Papelbon has three saves in the Series. He is 1-0 in the postseason, with four saves. In 10.2 innings over seven appearances, Papelbon allowed five hits and four walks, striking out seven. He did not allow a run in the postseason.

Mike Lowell, the World Series MVP, was 2-for-4 with two runs scored and one RBI in the deciding game; he hit .400 (6-for-15) in the Series with three doubles, a home run, six runs scored, and four RBIs. He had a .353 mark in the postseason, with seven doubles, two home runs, 10 runs scored, 15 RBIs, and slugging .608 with a .410 OBP.

Ellsbury continues his hot streak in the lead-off spot, going 2-for-4 with a run scored. He leads off the game with a double, moves to third on a ground-out by Pedroia, and scores on a David Ortiz (1-for-3, 1 RBI) single. The Sox add single runs in the fifth as Lowell scores on a Jason Varitek (2-for-4, 1 RBI) single and adds a solo homer in the seventh.

Brad Hawpe got the Rockies on the board in the bottom of the eighth with a solo home run off Delcarmen.

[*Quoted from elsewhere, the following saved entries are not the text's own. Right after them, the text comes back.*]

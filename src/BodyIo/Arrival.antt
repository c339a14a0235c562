-- ===== src/BodyIo/Arrival.antt =====
-- A body as it arrives, round by round.
use vakya.Prelude.{
  ℕ, ◌≤◌, ◌≡◌, refl, sym, ap, ◌∙◌, ◌≢◌, inl, inr, Bool, true, false, Option, none, some, List, [],
  ◌∷◌, ◌++◌, ==_iff, Bool-cases, length, Bytes, Result, ok, err,
}
use vakya.Message.{Error, BodyMode, LimitKind}
use vakya.Chunk.{DecodeError}
use vakya.Decode.Input.{
  BodyDecoder, DecodeLimits, DecoderState, nothing, fixed_left, done, in_chunks, to_eof,
  is_complete, initial_state, with_limits,
}
use vakya.Decode.{DecodeOutcome, need_more, payload, trailer_fields, end, decode}
use vakya.Decode.Bounds.{Answers, decode-Answers}
use vakya.Decode.Grammar.{Rest}
use vakya.Decode.Sound.{call-Rest}
use vakya.Decode.Terminal.{Settled, decode-Settled}
use vakya.Io.{IoError}
use vakya.Io.Recv.{RecvBuffer, bytes}
use vakya.Io.Retained.{IsSound}
use vakya.BodyIo.Receive.{
  charged, decoded, demanded_then, receive_round, receive_loop, receive_body,
}
use vakya.BodyIo.Rounds.{
  Round, completed, abandoned_end, panicked, failed, Received, Receiving, drop_lease, set_budget,
  charge_drain, Demanded, wanted, unwanted, interrupted,
}
use vakya.BodyIo.Arrives.{
  body_of, stopped-Arrives, completed-Arrives, drop_lease-IsSound, drop_lease-bytes,
}
use vakya.BodyIo.Handover.{At, Promises}
use vakya.BodyIo.Acting.{act-Arrives}

module _ (error_of : IoError → Error) (by_lease : Bool) where
  module _ {H : Type 0} (parse_trailers : ℕ → Bytes → Result DecodeError (ℕ × H))
      (parses_within : (n : ℕ) (block : Bytes) (k : ℕ) (fields : H)
        → parse_trailers n block ≡ ok (k, fields)
        → k ≤ length block)
      (n : ℕ) where
    decoded-Arrives :
        (r : Round) (s : Receiving) (answer : BodyDecoder × Result DecodeError (DecodeOutcome H))
        (rest : Receiving → Received H)
        → decode parse_trailers s.decoder (bytes s.buffer) s.eof ≡ answer
        → IsSound s.buffer
        → s.decoder.limits.max_trailers ≡ n
        → Promises error_of by_lease parse_trailers n rest
        → At error_of by_lease parse_trailers n s
            (decoded error_of by_lease parse_trailers r s answer rest)
    unfolding decoded charged
    decoded-Arrives r s (next, err e) rest at sound limits good =
        stopped-Arrives (bytes s.buffer) s.buffer (failed _) tt sound
    decoded-Arrives r s (next, ok outcome) rest at sound limits good =
        go (charge_drain (set_budget r.drain_set s.budget) _ _)
      where
        answers : Answers s.decoder (length (bytes s.buffer)) (next, ok outcome)
        answers =
            rw at at (decode-Answers parse_trailers parses_within s.decoder (bytes s.buffer) s.eof)

        kept_limits : next.limits.max_trailers ≡ n
        kept_limits = ap (λ l. l.max_trailers) answers.within.same_limits ∙ limits

        settled : Settled s.eof (next, ok outcome)
        settled = rw at at (decode-Settled parse_trailers s.decoder (bytes s.buffer) s.eof)

        go :
            (charge : Result LimitKind (Option (ℕ × ℕ)))
            → At error_of by_lease parse_trailers n s (
                charged error_of by_lease parse_trailers r
                  (record s { decoder = next })
                  outcome
                  charge
                  rest)
        go (err l) = stopped-Arrives (bytes s.buffer) s.buffer (failed _) tt sound
        go (ok budget) =
            act-Arrives error_of by_lease parse_trailers n (Rest parse_trailers n s.decoder.state) r
              (record s { decoder = next; budget = budget }) s.eof outcome rest sound kept_limits
              good answers.range settled
              (λ wire body h. rw limits at (
                call-Rest parse_trailers parses_within s.decoder next (bytes s.buffer) s.eof outcome
                  wire body at (rw (sym limits) at h)))

    demand-Arrives :
        (r : Round) (s : Receiving) (demanded : Demanded) (rest : Receiving → Received H)
        → IsSound s.buffer
        → s.decoder.limits.max_trailers ≡ n
        → Promises error_of by_lease parse_trailers n rest
        → At error_of by_lease parse_trailers n s
            (demanded_then error_of by_lease parse_trailers r s demanded rest)
    unfolding demanded_then
    demand-Arrives r s wanted rest sound limits good =
        decoded-Arrives r s (decode parse_trailers s.decoder (bytes s.buffer) s.eof) rest refl sound
          limits good
    demand-Arrives r s unwanted rest sound limits good =
        stopped-Arrives (bytes s.buffer) s.buffer abandoned_end tt sound
    demand-Arrives r s interrupted rest sound limits good =
        stopped-Arrives (bytes s.buffer) s.buffer (failed _) tt sound

    is_complete-Rest :
        (state : DecoderState) → is_complete state ≡ true → Rest parse_trailers n state [] []
    unfolding is_complete
    is_complete-Rest nothing h = (refl, refl)
    is_complete-Rest (fixed_left remaining) h = (refl, sym ((==_iff remaining 0).0 h))
    is_complete-Rest done h = (refl, refl)
    is_complete-Rest (in_chunks state) h = absurd (cc)
    is_complete-Rest to_eof h = absurd (cc)
    is_complete-Rest (vakya.Decode.Input.failed e) h = absurd (cc)

    round-Arrives :
        (r : Round) (s : Receiving) (rest : Receiving → Received H)
        → IsSound s.buffer
        → s.decoder.limits.max_trailers ≡ n
        → Promises error_of by_lease parse_trailers n rest
        → At error_of by_lease parse_trailers n s
            (receive_round error_of by_lease parse_trailers r s rest)
    unfolding receive_round
    round-Arrives r s rest sound limits good = elim (Bool-cases (is_complete s.decoder.state)) [
      | inl over ↦
          simp over (completed-Arrives s.buffer (is_complete-Rest s.decoder.state over) sound)
      | inr more ↦ simp more (
          rw (drop_lease-bytes r.lease_dropped s.buffer) at (
            demand-Arrives r (record s { buffer = drop_lease r.lease_dropped s.buffer }) r.demanded
              rest (drop_lease-IsSound r.lease_dropped s.buffer sound) limits good))
    ]

    loop-Arrives :
        (rounds : List Round) (s : Receiving)
        → IsSound s.buffer
        → s.decoder.limits.max_trailers ≡ n
        → At error_of by_lease parse_trailers n s
            (receive_loop error_of by_lease parse_trailers rounds s)
    unfolding receive_loop
    loop-Arrives [] s sound limits = record {
      unbroken = λ h. cc;
      sound = sound;
      complete = λ h. absurd (cc);
    }
    loop-Arrives (r ∷ rounds) s sound limits =
        round-Arrives r s (receive_loop error_of by_lease parse_trailers rounds) sound limits
          (loop-Arrives rounds)

  -- Whatever the consumer and the transport do in its rounds, a reception into a sound buffer does
  -- not panic, and leaves a sound buffer.
  pub receive_body-IsSound :
      {H : Type 0} (parse_trailers : ℕ → Bytes → Result DecodeError (ℕ × H))
      (parses_within : (n : ℕ) (block : Bytes) (k : ℕ) (fields : H)
        → parse_trailers n block ≡ ok (k, fields)
        → k ≤ length block)
      (rounds : List Round) (b : RecvBuffer) (d : BodyDecoder)
      → IsSound b
      → ((receive_body error_of by_lease parse_trailers rounds b d).ended ≢ some panicked)
        × IsSound (receive_body error_of by_lease parse_trailers rounds b d).buffer
  unfolding receive_body
  receive_body-IsSound parse_trailers parses_within rounds b d sound =
      let arrives =
        loop-Arrives parse_trailers parses_within d.limits.max_trailers rounds _ sound refl in
      (arrives.unbroken, arrives.sound)

  -- When a reception of a body of framing `mode` into a sound buffer completes, what it took off
  -- the front of its input, of what was buffered and then of what arrived, is a well-formed body
  -- of that framing, and the data frames that it handed over are its payload, in order and without
  -- loss; what came behind the body stays in the buffer for the next head.
  pub receive_body-Arrives :
      {H : Type 0} (parse_trailers : ℕ → Bytes → Result DecodeError (ℕ × H))
      (parses_within : (n : ℕ) (block : Bytes) (k : ℕ) (fields : H)
        → parse_trailers n block ≡ ok (k, fields)
        → k ≤ length block)
      (rounds : List Round) (mode : BodyMode) (limits : DecodeLimits) (b : RecvBuffer)
      (t : Received H)
      → IsSound b
      → receive_body error_of by_lease parse_trailers rounds b (with_limits mode limits) ≡ t
      → t.ended ≡ some completed
      → (wire : Bytes) × (bytes b ++ t.arrived ≡ wire ++ bytes t.buffer)
        × Rest parse_trailers limits.max_trailers (initial_state mode) wire (body_of t.delivered)
  unfolding receive_body with_limits
  receive_body-Arrives parse_trailers parses_within rounds mode limits b t sound at ends =
      let arrives = rw at at (
        loop-Arrives parse_trailers parses_within limits.max_trailers rounds
          (record { buffer = b; decoder = with_limits mode limits; budget = none; eof = false })
          sound refl) in
      arrives.complete ends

Then, in his only World Series at-bat, pinch hitter Bobby Kielty takes the first pitch he sees and deposits it into the left-field bleachers in the eighth for what would prove to be the winning margin. Down 4-1 in the bottom of the eighth, Garret Atkins's two-run home run cuts the Sox lead to 4-3 – the final score.

Sweeping the Series for the second time in four years, Red Sox manager Terry Francona has never lost a World Series game.

Johnny did not make the trip to Denver, as he did in 2004 to St. Louis, preferring instead to stay at home -- the home Ruthie Pesky designed when she found the plans in a magazine many years ago – and watch the games on TV with his son David, David's wife Alison, and his friend Tim.